%%

-- ===== src/Common/Lists.antt =====
-- Lists measured by native numbers, and the iterator methods that the program uses.
use Prim.Native.Nat.{ℕ, zero, suc, ◌+◌}
use mathlib.Core.Path.{◌≡◌, refl}
use mathlib.Core.Logic.{◌⊎◌, inl, inr}
use mathlib.Core.Bool.{Bool, true, false, ◌||◌}
use mathlib.Core.List.{List, [], ◌∷◌, ◌++◌}
use mathlib.Core.Option.{Option, none, some}
use native.Mathlib.Omega.{arith}
use clewdr_hub.Common.Tests.{◌==◌, if◌then◌else◌, Bool-cases, Option-cases}

abbrev pub next_position : Option ℕ → Option ℕ
next_position none = none
next_position (some i) = some (suc i)

module _ {ℓ} {A : Type ℓ} where
  abbrev pub length : List A → ℕ
  length [] = 0
  length (x ∷ xs) = suc (length xs)

  abbrev pub get_elem? : List A → ℕ → Option A
  get_elem? [] i = none
  get_elem? (x ∷ xs) zero = some x
  get_elem? (x ∷ xs) (suc i) = get_elem? xs i

  pub length-append : (xs ys : List A) → length (xs ++ ys) ≡ length xs + length ys
  length-append [] ys = omega arith
  length-append (x ∷ xs) ys = omega (arith, length-append xs ys)

  -- `Iterator::any`.
  unfoldable pub any : (A → Bool) → List A → Bool
  any p [] = false
  any p (x ∷ xs) = p x || any p xs

  -- `Iterator::find`.
  unfoldable pub find : (A → Bool) → List A → Option A
  find p [] = none
  find p (x ∷ xs) = if p x then some x else find p xs

  -- `Vec::retain` and `Iterator::filter`.
  unfoldable pub retain : (A → Bool) → List A → List A
  retain p [] = []
  retain p (x ∷ xs) = let rest = retain p xs in if p x then x ∷ rest else rest

  -- `Iterator::position`.
  unfoldable pub position : (A → Bool) → List A → Option ℕ
  position p [] = none
  position p (x ∷ xs) = let rest = next_position (position p xs) in if p x then some 0 else rest

  abbrev pub keep_head : A → Option (A × List A) → Option (A × List A)
  keep_head x none = none
  keep_head x (some (y, rest)) = some (y, x ∷ rest)

  -- `VecDeque::remove`: the element at an index and the others, in order.
  unfoldable pub remove_at : List A → ℕ → Option (A × List A)
  remove_at [] i = none
  remove_at (x ∷ xs) zero = some (x, xs)
  remove_at (x ∷ xs) (suc i) = keep_head x (remove_at xs i)

-- Membership in a list of numbers, as `[i64]::contains` and `HashSet::contains` test it.
unfoldable pub contains : ℕ → List ℕ → Bool
contains a [] = false
contains a (x ∷ xs) = x == a || contains a xs

-- How often a list holds an element that passes a test.
unfoldable pub count {ℓ} : {A : Type ℓ} → (A → Bool) → List A → ℕ
count p [] = 0
count p (x ∷ xs) = (if p x then 1 else 0) + count p xs

pub or_true : (b : Bool) → (b || true) ≡ true
or_true true = refl
or_true false = refl

module _ {ℓ} {A : Type ℓ} where
  pub count-append : (p : A → Bool) (xs ys : List A) → count p (xs ++ ys) ≡ count p xs + count p ys
  unfolding count
  count-append p [] ys = omega arith
  count-append p (x ∷ xs) ys = omega (arith, count-append p xs ys)

  -- What `position` finds can be removed, passes the test, and is the only element that goes.
  pub record Picked (p : A → Bool) (xs : List A) (i : ℕ) : Type ℓ where
    pub chosen : A
    pub others : List A
    pub removed : remove_at xs i ≡ some (chosen, others)
    pub passes : p chosen ≡ true

  Picked-suc :
      (p : A → Bool) (x : A) (xs : List A) {i : ℕ} → Picked p xs i → Picked p (x ∷ xs) (suc i)
  unfolding remove_at
  Picked-suc p x xs k = record {
    chosen = k.chosen;
    others = x ∷ k.others;
    removed = rw k.removed;
    passes = k.passes;
  }

  pub position-cases :
      (p : A → Bool) (xs : List A)
      → ((position p xs ≡ none) × (any p xs ≡ false))
        ⊎ ((i : ℕ) × (position p xs ≡ some i) × (any p xs ≡ true) × Picked p xs i)
  unfolding position any remove_at
  position-cases p [] = inl (refl, refl)
  position-cases p (x ∷ xs) = elim (Bool-cases (p x)) [
    | inl e ↦ inr (0, rw e, rw e, record { chosen = x; others = xs; removed = refl; passes = e })
    | inr e ↦ elim (position-cases p xs) [
      | inl (none_left, no_more) ↦ inl (rw (e, none_left), rw (e, no_more))
      | inr (i, found, more, k) ↦ inr (suc i, rw (e, found), rw (e, more), Picked-suc p x xs k)
    ]
  ]

  pub count-remove_at :
      (p : A → Bool) (xs : List A) (i : ℕ) {x : A} {rest : List A}
      → remove_at xs i ≡ some (x, rest)
      → count p xs ≡ (if p x then 1 else 0) + count p rest
  unfolding count remove_at
  count-remove_at p [] i h = cc
  count-remove_at p (x ∷ xs) zero h = ground arith
  count-remove_at p (x ∷ xs) (suc i) h = elim (Option-cases (remove_at xs i)) [
    | inl e ↦ ground arith
    | inr ((y, ys), e) ↦ ground (arith, count-remove_at p xs i e)
  ]

  unfoldable pub Picked-mono :
      {p q : A → Bool} {xs : List A} {i : ℕ}
      → ((x : A) → p x ≡ true → q x ≡ true)
      → Picked p xs i
      → Picked q xs i
  Picked-mono f k = record {
    chosen = k.chosen;
    others = k.others;
    removed = k.removed;
    passes = f k.chosen k.passes;
  }

  pub any-ext : (p q : A → Bool) (xs : List A) → ((x : A) → p x ≡ q x) → any p xs ≡ any q xs
  unfolding any
  any-ext p q [] h = refl
  any-ext p q (x ∷ xs) h = rw (h x, any-ext p q xs h)

  pub any_never : (p : A → Bool) (xs : List A) → ((x : A) → p x ≡ false) → any p xs ≡ false
  unfolding any
  any_never p [] h = refl
  any_never p (x ∷ xs) h = rw (h x, any_never p xs h)

  pub get_elem?-remove_at :
      (xs : List A) (i : ℕ) {x : A} {rest : List A}
      → remove_at xs i ≡ some (x, rest)
      → get_elem? xs i ≡ some x
  unfolding remove_at
  get_elem?-remove_at [] i h = cc
  get_elem?-remove_at (x ∷ xs) zero h = ground arith
  get_elem?-remove_at (x ∷ xs) (suc i) h = elim (Option-cases (remove_at xs i)) [
    | inl e ↦ ground arith
    | inr ((y, ys), e) ↦ ground (arith, get_elem?-remove_at xs i e)
  ]

  -- Moving an element to the end.
  pub count-rotate :
      (p : A → Bool) (xs : List A) (i : ℕ) {x : A} {rest : List A}
      → remove_at xs i ≡ some (x, rest)
      → count p (rest ++ x ∷ []) ≡ count p xs
  unfolding count
  count-rotate p xs i {x} {rest} h =
      omega (arith, count-append p rest (x ∷ []), count-remove_at p xs i h)

  -- An element at some index.
  pub record At (xs : List A) (x : A) : Type ℓ where
    pub index : ℕ
    pub found : get_elem? xs index ≡ some x

  pub any_of_At : (p : A → Bool) {x : A} (xs : List A) → At xs x → p x ≡ true → any p xs ≡ true
  unfolding any
  any_of_At p {x} xs a h = go xs a.index a.found
    where
      go : (ys : List A) (i : ℕ) → get_elem? ys i ≡ some x → any p ys ≡ true
      go [] i e = cc
      go (y ∷ ys) zero e = let same : y ≡ x = ground arith in rw (same, h)
      go (y ∷ ys) (suc i) e = rw (go ys i e) (or_true (p y))

  -- What `any` finds is there.
  pub At-of_any : (p : A → Bool) (xs : List A) → any p xs ≡ true → (x : A) × At xs x × (p x ≡ true)
  unfolding any
  At-of_any p [] h = cc
  At-of_any p (x ∷ xs) h = elim (Bool-cases (p x)) [
    | inl e ↦ (x, record { index = 0; found = refl }, e)
    | inr e ↦
        let (y, at, q) = At-of_any p xs (rw (e, any) at h) in
        (y, record { index = suc at.index; found = at.found }, q)
  ]

  pub count_of_any : (p : A → Bool) (xs : List A) → any p xs ≡ false → count p xs ≡ 0
  unfolding any count
  count_of_any p [] h = refl
  count_of_any p (x ∷ xs) h = ground (arith, count_of_any p xs)

pub List-cases {ℓ} :
    {A : Type ℓ} → (xs : List A) → (xs ≡ []) ⊎ ((x : A) × (ys : List A) × (xs ≡ x ∷ ys))
List-cases [] = inl refl
List-cases (x ∷ xs) = inr (x, xs, refl)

%%

**WHAT TO PRODUCE:** Provide every line from the material that contains the word "Common".

**EXERCISE SOLUTION:**
-- ===== src/Common/Lists.antt =====
use clewdr_hub.Common.Tests.{◌==◌, if◌then◌else◌, Bool-cases, Option-cases}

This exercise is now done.